[DATA FOR PROCESSING]

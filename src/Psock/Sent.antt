-- ===== src/Psock/Sent.antt =====
-- What `psock_send` hands to the stack.
use fx_ip.Base.{
  Bool, Bool-cases, List, Mem, Option, [], ap, ap₂, arith, false, if◌then◌else◌, inl, inr, length,
  length-peek, min, not, peek, refl, some, suc, sym, true, zero, ℕ, ◌%◌, ◌&&◌, ◌+◌, ◌-◌, ◌<◌, ◌==◌,
  ◌^◌, ◌∙◌, ◌∷◌, ◌≡◌, ◌≢◌, ◌≤◌,
}
use fx_ip.Psock.{
  Io, Place, Progress, Psock, at_start, data_acked, ended, in_send, psock_send, send_data,
  psock_send_loop, state_acked, state_data_sent, state_none, uip_send, waiting,
}

-- a socket that waits in `psock_send` with `n` bytes at `p` outstanding
abbrev pub sending : Psock → ℕ → ℕ → Psock
sending s p n = record s { lc = in_send; sendptr = p; sendlen = n; state = state_data_sent }

-- a socket whose bytes, up to `p`, were sent
abbrev pub sent : Psock → ℕ → Psock
sent s p = record s { lc = at_start; sendptr = p; sendlen = 0; state = state_none }

module _ (fuel : ℕ) (at_wait : Bool) (s s1 s2 : Psock) (m : Mem) (io io2 : Io) where
  -- a round of the loop that waits, one that goes on, and the end
  round_waits :
      (a b : Bool)
      → (s.sendlen == 0 && not at_wait) ≡ false
      → data_acked s io ≡ (a, s1)
      → send_data s1 m io ≡ (b, s2, io2)
      → (a && b) ≡ false
      → psock_send_loop (suc fuel) at_wait s m io ≡ some (waiting, record s2 { lc = in_send }, io2)
  unfolding psock_send_loop
  round_waits a b t e f g = rw (t, e, psock_send_loop) (rw (f) (rw g refl))

  round_goes_on :
      (s.sendlen == 0 && not at_wait) ≡ false
      → data_acked s io ≡ (true, s1)
      → send_data s1 m io ≡ (true, s2, io2)
      → psock_send_loop (suc fuel) at_wait s m io ≡ psock_send_loop fuel false s2 m io2
  unfolding psock_send_loop
  round_goes_on t e f = rw (t, e, psock_send_loop) (rw f refl)

round_ends :
    (fuel : ℕ) (s : Psock) (m : Mem) (io : Io)
    → (s.sendlen == 0) ≡ true
    → psock_send_loop (suc fuel) false s m io
      ≡ some (ended, record s { state = state_none; lc = at_start }, io)
unfolding psock_send_loop
round_ends fuel s m io e = rw (e, psock_send_loop) refl

module _ (s : Psock) (p n : ℕ) (m : Mem) (io : Io) where
  acked_lem :
      io.acked ≡ true
      → data_acked (sending s p n) io ≡ (
        true,
        record s {
          lc = in_send;
          sendptr = p + min io.mss n;
          sendlen = n - io.mss;
          state = state_acked;
        },
      )
  unfolding data_acked
  acked_lem e = rw e refl

  not_acked : io.acked ≡ false → data_acked (sending s p n) io ≡ (false, sending s p n)
  unfolding data_acked
  not_acked e = rw e refl

  send_lem :
      (pl : Place) (st : ℕ)
      → st ≢ state_data_sent
      → send_data (record s { lc = pl; sendptr = p; sendlen = n; state = st }) m io ≡ (
        true,
        record s { lc = pl; sendptr = p; sendlen = n; state = state_data_sent },
        uip_send (peek m p (min io.mss n)) io,
      )
  unfolding send_data
  send_lem pl st h = let e : (st == state_data_sent) ≡ false = ground arith in rw e refl

  resend_lem :
      io.rexmit ≡ true
      → send_data (sending s p n) m io
        ≡ (true, sending s p n, uip_send (peek m p (min io.mss n)) io)
  unfolding send_data
  resend_lem e = rw e refl

  no_resend : io.rexmit ≡ false → send_data (sending s p n) m io ≡ (false, sending s p n, io)
  unfolding send_data
  no_resend e = rw e refl

  fresh_lem :
      data_acked (record s { lc = at_start; sendptr = p; sendlen = n; state = state_none }) io
      ≡ (false, record s { lc = at_start; sendptr = p; sendlen = n; state = state_none })
  unfolding data_acked
  fresh_lem = refl

  whole :
      0 < n
      → n ≤ io.mss
      → uip_send (peek m p (min io.mss n)) io ≡ record io { outgoing = peek m p n }
  whole h k =
      ap (λ t. uip_send (peek m p t) io) {x = min io.mss n} {y = suc (n - 1)} (omega arith)
      ∙ ap (λ t. record io { outgoing = peek m p t }) {x = suc (n - 1)} {y = n} (omega arith)

uip_send_kept :
    (bytes : List ℕ) (io : Io) (k : ℕ)
    → io.acked ≡ true
    → io.mss ≡ k
    → length io.outgoing ≤ k
    → length bytes ≤ k
    → ((uip_send bytes io).acked ≡ true)
      × ((uip_send bytes io).mss ≡ k)
      × (length (uip_send bytes io).outgoing ≤ k)
uip_send_kept [] io k a e o l = (a, e, o)
uip_send_kept (x ∷ xs) io k a e o l = (a, e, l)

psock_send_loop_acked :
    (fuel : ℕ) (at_wait : Bool) (s : Psock) (p n : ℕ) (m : Mem) (io : Io) (k : ℕ)
    → (n == 0 && at_wait) ≡ false
    → n < fuel
    → 0 < k
    → io.acked ≡ true
    → io.mss ≡ k
    → length io.outgoing ≤ k
    → (io' : Io) × (psock_send_loop (suc fuel) at_wait (sending s p n) m io
        ≡ some (ended, sent s (p + n), io'))
      × (length io'.outgoing ≤ k)
psock_send_loop_acked zero at_wait s p n m io k w lt pos_k a e o = absurd (omega arith)
psock_send_loop_acked (suc fuel) false s p zero m io k w lt pos_k a e o = (
  io,
  round_ends (suc fuel) (sending s p zero) m io refl
      ∙ ap (λ q. some (ended, sent s q, io)) (omega arith),
  o,
)
psock_send_loop_acked (suc fuel) true s p zero m io k w lt pos_k a e o = absurd (cc)
psock_send_loop_acked (suc fuel) at_wait s p (suc n) m io k w lt pos_k a e o =
    let q : ℕ = p + min io.mss (suc n) in
    let rest : ℕ = suc n - io.mss in
    let bytes : List ℕ = peek m q (min io.mss rest) in
    let kept = uip_send_kept bytes io k a e o (omega (arith, length-peek m q (min io.mss rest))) in
    let (io', ends, small) =
      psock_send_loop_acked fuel false s q rest m (uip_send bytes io) k (ground arith) (omega arith)
        pos_k kept.0 kept.1 kept.2 in
    (
      io',
      round_goes_on (suc fuel) at_wait (sending s p (suc n))
            (record s { lc = in_send; sendptr = q; sendlen = rest; state = state_acked })
            (sending s q rest) m io (uip_send bytes io) (ground arith)
            (acked_lem s p (suc n) m io a)
            (send_lem s q rest m io in_send state_acked (λ z. absurd (omega arith)))
          ∙ ends
          ∙ ap (λ t. some (ended, sent s t, io')) (omega arith),
      small,
    )

-- With a byte at least outstanding and an MSS above 0, a call with an acknowledgement ends
-- psock_send, however much is left: all of it counts as sent, with sendptr behind it, and what is
-- handed to the stack, to which nothing was handed before in this call, is at most one segment.
pub psock_send-acked :
    (s : Psock) (p n : ℕ) (m : Mem) (buf len : ℕ) (io : Io)
    → 0 < n
    → io.acked ≡ true
    → 0 < io.mss
    → io.outgoing ≡ []
    → (io' : Io) × (psock_send (sending s p n) m buf len io ≡ some (ended, sent s (p + n), io'))
      × (length io'.outgoing ≤ io.mss)
unfolding psock_send
psock_send-acked s p n m buf len io some_bytes a pos_mss none_out =
    psock_send_loop_acked (suc n) true s p n m io io.mss (ground arith) (omega arith) pos_mss a refl
      (omega (arith, ap length none_out))

send_starts :
    (s : Psock) (p n : ℕ) (m : Mem) (io : Io)
    → 0 < n
    → n < 2 ^ 16
    → n ≤ io.mss
    → psock_send (record s { lc = at_start }) m p n io
      ≡ some (waiting, sending s p n, record io { outgoing = peek m p n })
unfolding psock_send
send_starts s p n m io some_bytes h k =
    let counted : n % 2 ^ 16 ≡ n = omega arith in
    let not_empty : (n == 0) ≡ false = ground arith in
    rw (not_empty, counted)
      (round_waits (suc n) false
          (record s { lc = at_start; sendptr = p; sendlen = n; state = state_none })
          (record s { lc = at_start; sendptr = p; sendlen = n; state = state_none })
          (record s { lc = at_start; sendptr = p; sendlen = n; state = state_data_sent }) m io
          (uip_send (peek m p (min io.mss n)) io) false true (ground arith) (fresh_lem s p n m io)
          (send_lem s p n m io at_start state_none (λ e. absurd (omega arith))) refl
        ∙ ap (λ o. some (waiting, sending s p n, o)) (whole s p n m io some_bytes k))

send_waits :
    (s : Psock) (p n : ℕ) (m : Mem) (buf len : ℕ) (io io2 : Io) (b : Bool)
    → io.acked ≡ false
    → send_data (sending s p n) m io ≡ (b, sending s p n, io2)
    → psock_send (sending s p n) m buf len io ≡ some (waiting, sending s p n, io2)
unfolding psock_send
send_waits s p n m buf len io io2 b a e =
    round_waits (suc n) true (sending s p n) (sending s p n) (sending s p n) m io io2 false b
      (ground arith) (not_acked s p n m io a) e refl

send_ends :
    (s : Psock) (p n : ℕ) (m : Mem) (buf len : ℕ) (io : Io)
    → 0 < n
    → io.acked ≡ true
    → n ≤ io.mss
    → psock_send (sending s p n) m buf len io ≡ some (ended, sent s (p + n), io)
unfolding psock_send
send_ends s p n m buf len io some_bytes a h =
    round_goes_on (suc n) true (sending s p n)
      (record s { lc = in_send; sendptr = p + n; sendlen = 0; state = state_acked })
      (sending s (p + n) 0) m io io (ground arith)
      (acked_lem s p n m io a
        ∙ ap₂
            (λ q r.
              (true, record s { lc = in_send; sendptr = q; sendlen = r; state = state_acked }))
            (omega arith) (omega arith))
      (send_lem s (p + n) 0 m io in_send state_acked (λ e. absurd (omega arith))
        ∙ ap (λ t. (true, sending s (p + n) 0, uip_send (peek m (p + n) t) io)) {x = min io.mss 0}
            {y = 0} (omega arith))
    ∙ round_ends n (sending s (p + n) 0) m io refl

-- A message of 1 to 65535 bytes that fits one segment is sent whole: the call that starts
-- psock_send hands it to the stack and waits. Of a later call, with any bytes in the memory by
-- then: an acknowledgement ends it, with sendptr behind the message; without one it waits on, and
-- exactly where a retransmission is asked for, it hands to the stack the bytes that stand at
-- sendptr then.
pub psock_send_lem :
    (s : Psock) (p n : ℕ) (m m' : Mem) (buf len : ℕ) (io io' : Io)
    → 0 < n
    → n < 2 ^ 16
    → n ≤ io.mss
    → n ≤ io'.mss
    → (psock_send (record s { lc = at_start }) m p n io
        ≡ some (waiting, sending s p n, record io { outgoing = peek m p n }))
      × (psock_send (sending s p n) m' buf len io' ≡ (
          if io'.acked
          then some (ended, sent s (p + n), io')
          else some (
            waiting,
            sending s p n,
            (if io'.rexmit then record io' { outgoing = peek m' p n } else io'),
          )))
psock_send_lem s p n m m' buf len io io' some_bytes h k l = (
  send_starts s p n m io some_bytes h k,
  elim (Bool-cases io'.acked) [
    | inl a ↦ send_ends s p n m' buf len io' some_bytes a l ∙ sym (ap choice a)
    | inr a ↦ elim (Bool-cases io'.rexmit) [
      | inl r ↦
          send_waits s p n m' buf len io' (record io' { outgoing = peek m' p n }) true a
            (resend_lem s p n m' io' r
              ∙ ap (λ o. (true, sending s p n, o)) (whole s p n m' io' some_bytes l))
          ∙ sym (ap choice a ∙ ap resent r)
      | inr r ↦
          send_waits s p n m' buf len io' io' false a (no_resend s p n m' io' r)
          ∙ sym (ap choice a ∙ ap resent r)
    ]
  ],
)
  where
    resent : Bool → Option (Progress × Psock × Io)
    resent b =
        some (waiting, sending s p n, (if b then record io' { outgoing = peek m' p n } else io'))

    choice : Bool → Option (Progress × Psock × Io)
    choice b = if b then some (ended, sent s (p + n), io') else resent io'.rexmit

[/DATA FOR PROCESSING]

▶ [TASK ITEM] Could you report how many lines of the entries include the word "resent"? Only the number is needed.

▶ [EXERCISE RESPONSE] 5